Since leaving the movement in 2010, it has been fascinating to watch most formal ex-gay/ex-trans/conversion programmes shut their doors, often replaced by a new wave of churches that call themselves “welcoming but not affirming”.

Welcoming is the point at which a church shifts from viewing LGBT+ people as utterly intolerable to seeing them as “broken” and in need of support. LGBT+ members often experience close fellowship here, but cannot usually hold positions of leadership or, in some cases, work with young people and children.

According to a recent report, Preventing Harm, Promoting Justice, from the Human Rights Law Centre and Melbourne’s La Trobe University, “while the ‘welcoming but not affirming’ posture appears less hostile than overt opposition to LGBT+ rights, when its ‘not affirming’ aspects are withheld or disguised… it can be deeply harmful”.

The report traces the development of the conversion movement and its ideology of “brokenness” from this point to the present day, where it has become virtually the mainstream lens through which evangelical communities – whether focused on orientation change or celibacy – engage LGBT+ people.

The report also found that the conversion movement invests significant resources and energy in transmitting this ideology through myriad channels and activities. A coalition of survivors of the movement recently developed the SOCE Survivor Statement, outlining the core tenets of the conversion movement and a range of recommendations that very much align with those in Preventing Harm, Promoting Justice.

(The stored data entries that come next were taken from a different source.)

-- ===== src/Cpu/Executor/Reload.antt =====
-- A store and then a load of the same address.
use mathlib.Core.Path.{subst}
use native.Mathlib.Nat.{pow-succ', div-div-eq-div-mul, div-add-mod'}
use rv64_emulator.Common.{
  ℕ, zero, suc, ◌+◌, ◌*◌, ◌/◌, ◌%◌, ◌^◌, ◌≤◌, ◌≡◌, refl, sym, ap, ap₂, ◌∙◌, arith, inl, inr, true,
}
use rv64_emulator.Common.{List, take, le_bytes, of_le_bytes, Option, none, some, Access-cases, done}
use rv64_emulator.Words.{add_wrap, sext}
use rv64_emulator.Device.Mmio.{MmioDevice}
use rv64_emulator.Device.Mmio.Laws.{Remembers}
use rv64_emulator.Cpu.Trap.{Trap, none_trap, store_access_fault}
use rv64_emulator.Cpu.Csr.Addr.{csr_satp, csr_mstatus}
use rv64_emulator.Cpu.Csr.State.{read}
use rv64_emulator.Cpu.Mmu.Access.{use_phys_addr}
use rv64_emulator.Cpu.Mmu.Access
use rv64_emulator.Cpu.Decode.Info.{DecodeInfo}
use rv64_emulator.Cpu.Hart.{Cpu, set_xreg}
use rv64_emulator.Cpu.Hart
use rv64_emulator.Cpu.Executor.Value.{value, write_value}
use rv64_emulator.Bits.Digit.{bit}
use rv64_emulator.Cpu.Executor.Loads.{
  LoadKind, token_of, width_of, is_signed, extended_bit, load_value_bits, width_of-le,
}
use rv64_emulator.Cpu.Executor.Memory.{load_value, load_type_exec, store_type_exec, target_addr}

mod-byte : (v n : ℕ) → v % 256 ^ suc n ≡ v % 256 + 256 * (v / 256 % 256 ^ n)
mod-byte v n = omega (
  arith,
  div-add-mod' v (256 ^ suc n),
  div-add-mod' (v / 256) (256 ^ n),
  ap (λ (t : ℕ). t * 256 ^ suc n) (over v n),
  ap (λ (t : ℕ). v / 256 / 256 ^ n * t) (pow-succ' 256 n),
)
  where
    over : (v n : ℕ) → v / 256 ^ suc n ≡ v / 256 / 256 ^ n
    over v n = rw (pow-succ' 256 n) (sym (div-div-eq-div-mul v 256 (256 ^ n)))

-- The first bytes of a word.
of_le_bytes-take : (k n v : ℕ) → n ≤ k → of_le_bytes (take n (le_bytes k v)) ≡ v % 256 ^ n
of_le_bytes-take k zero v h = omega arith
of_le_bytes-take zero (suc n) v h = absurd (omega arith)
of_le_bytes-take (suc k) (suc n) v h =
    omega (arith, of_le_bytes-take k n (v / 256) (omega arith), mod-byte v n)

-- The hart accesses memory without translation.
abbrev pub IsPhysical : {B : Type 0} → Cpu B → Type 0
IsPhysical c = use_phys_addr c.priv_mode (read c.state csr_satp) (read c.state csr_mstatus) ≡ true

same_hart :
    {C : Type 0} {t t' : Trap} {a b : C}
    → ◌≡◌ {A = Option (Trap × C)} (some (t, a)) (some (t', b))
    → a ≡ b
same_hart e = cc

not_fault :
    {C : Type 0} {val : ℕ} {a b : C}
    → ◌≡◌ {A = Option (Trap × C)}
        (some (record { type = store_access_fault; val = val }, a))
        (some (none_trap, b))
    → ⊥
not_fault e = cc

module _ {B : Type 0} (P : B → Type 0) (A : ℕ → Type 0) (m : MmioDevice B) where
  abbrev with_bus : Cpu B → B → Cpu B
  with_bus c bus = record c { mmu = record (c.mmu) { bus = bus } }

  -- What a granted store did.
  granted_store :
      (c c1 : Cpu B) (info : DecodeInfo)
      → IsPhysical c
      → store_type_exec m c info ≡ some (none_trap, c1)
      → (bus : B) × (m.store c.mmu.bus
            (target_addr m c info)
            info.mem_size
            (le_bytes 8 (c.xregs info.rs2))
          ≡ done bus)
        × (with_bus c bus ≡ c1)
  unfolding store_type_exec Hart.store Access.store Access.store_phys
  granted_store c c1 info phys e =
      elim (Access-cases
        (m.store c.mmu.bus (target_addr m c info) info.mem_size (le_bytes 8 (c.xregs info.rs2)))) [
          | inl (bus, f) ↦
              let is : store_type_exec m c info ≡ some (none_trap, with_bus c bus) =
                rw (store_type_exec, Hart.store, Access.store, phys, Access.store_phys, f) refl in
              (bus, f, same_hart (sym is ∙ e))
          | inr (inl f) ↦
              let is : store_type_exec m c info
                  ≡ some (record { type = store_access_fault; val = target_addr m c info }, c) =
                rw (store_type_exec, Hart.store, Access.store, phys, Access.store_phys, f) refl in
              absurd (not_fault (sym is ∙ e))
          | inr (inr f) ↦
              let is : store_type_exec m c info ≡ none =
                rw (store_type_exec, Hart.store, Access.store, phys, Access.store_phys, f) refl in
              cc
        ]

  -- A load of bytes that the bus gives.
  granted_load :
      (c : Cpu B) (info : DecodeInfo) (out : List ℕ)
      → IsPhysical c
      → m.load c.mmu.bus (target_addr m c info) info.mem_size ≡ done (out, c.mmu.bus)
      → load_type_exec m c info ≡ write_value c info (load_value info.token (of_le_bytes out))
  unfolding load_type_exec Hart.load Access.load Access.load_phys
  granted_load c info out phys e =
      rw (load_type_exec, Hart.load, Access.load, phys, Access.load_phys, e) refl

-- The word that a load finds is the low bytes of the stored register.
loaded_value :
    {B : Type 0} (P : B → Type 0) (A : ℕ → Type 0) (m : MmioDevice B) (c c1 : Cpu B)
    (stores loads : DecodeInfo)
    → Remembers m P A
    → IsPhysical c
    → P c.mmu.bus
    → A (target_addr m c stores)
    → loads.rs1 ≡ stores.rs1
    → loads.imm ≡ stores.imm
    → loads.mem_size ≡ stores.mem_size
    → stores.mem_size ≤ 8
    → store_type_exec m c stores ≡ some (none_trap, c1)
    → load_type_exec m c1 loads
      ≡ write_value c1 loads (load_value loads.token (c.xregs stores.rs2 % 256 ^ stores.mem_size))
loaded_value {B} P A m c c1 stores loads laws phys p a rs1 imm size small e =
    let (bus, f, same) = granted_store P A m c c1 stores phys e in
    let c' : Cpu B = with_bus P A m c bus in
    let addr : target_addr m c' loads ≡ target_addr m c stores =
      ap₂ (λ r i. add_wrap 64 (c.xregs r) (sext 32 i)) rs1 imm in
    let out : List ℕ = take stores.mem_size (le_bytes 8 (c.xregs stores.rs2)) in
    let again : m.load bus (target_addr m c' loads) loads.mem_size ≡ done (out, bus) =
      ap₂ (m.load bus) addr size ∙ laws.load_after_store c.mmu.bus _ _ _ bus p a f in
    subst
      (λ x.
        load_type_exec m x loads
        ≡ write_value x loads (load_value loads.token (c.xregs stores.rs2 % 256 ^ stores.mem_size)))
      same
      (granted_load P A m c' loads out phys again
        ∙ ap (λ v. write_value c' loads (load_value loads.token v))
            (of_le_bytes-take 8 stores.mem_size (c.xregs stores.rs2) small))

-- Without translation, a load at the address of a store that was granted just before, with the same
-- width, puts the low bytes of the stored register in rd, each bit in its place, with the sign or
-- zeros above as the load is signed or unsigned, and changes nothing else; the devices must remember
-- what is stored.
pub load_type_exec-store_type_exec :
    {B : Type 0} (P : B → Type 0) (A : ℕ → Type 0) (m : MmioDevice B) (c c1 : Cpu B)
    (stores loads : DecodeInfo) (l : LoadKind)
    → Remembers m P A
    → IsPhysical c
    → P c.mmu.bus
    → A (target_addr m c stores)
    → loads.rs1 ≡ stores.rs1
    → loads.imm ≡ stores.imm
    → loads.token ≡ token_of l
    → loads.mem_size ≡ width_of l
    → stores.mem_size ≡ width_of l
    → store_type_exec m c stores ≡ some (none_trap, c1)
    → (x : ℕ) × (load_type_exec m c1 loads ≡ some (none_trap, set_xreg c1 loads.rd x))
      × ((i : ℕ) → bit x i ≡ extended_bit (is_signed l) (width_of l) (c.xregs stores.rs2) i)
unfolding write_value
load_type_exec-store_type_exec P A m c c1 stores loads l laws phys p a rs1 imm token loaded stored
      e =
    let (x, gives, bits) = load_value_bits l (c.xregs stores.rs2) in
    let small : stores.mem_size ≤ 8 = omega (arith, stored, width_of-le l) in
    let found : load_value loads.token (c.xregs stores.rs2 % 256 ^ stores.mem_size) ≡ value x =
      ap₂ (λ t n. load_value t (c.xregs stores.rs2 % 256 ^ n)) token stored ∙ gives in
    (
      x,
      loaded_value P A m c c1 stores loads laws phys p a rs1 imm (loaded ∙ sym stored) small e
          ∙ ap (write_value c1 loads) found,
      bits,
    )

Yet there is a solution for the church – and that is by ascribing to an affirming ideology, rather than welcoming. While welcoming churches may have opened their arms to LGBT+ or even actively shunned the conversion movement in favour of celibacy, only affirming churches have completely rejected the brokenness ideology and accept LGBT+ people for who they are.

Responding to pastors who considered their churches to be “affirming” following a shift from condemnation to support, survivor support and advocacy group Brave Network Melbourne developed a model statement of affirmation. Could pastors and their leadership teams readily state “We believe LGBT+ people are a loved and essential part of God’s intended human diversity”? Many could not.

Do not misunderstand me.

For some of these churches, their forward movement is honourable. Theologically and personally, their journey has been significant – particularly if their welcoming stance has led to rejection from conservative brethren. However, for LGBT+ people of faith, the safety line lies between “welcoming” and “affirming”.

Brave Network and similar organisations have called on churches to explicitly state their theological stance regarding LGBT+ people rather than engaging in ambiguities such as “welcoming but not affirming”, which is widely seen as code for “you’re broken but we still love you”.

This would prevent people of faith spending years ensconced in communities that slowly erode their mental health.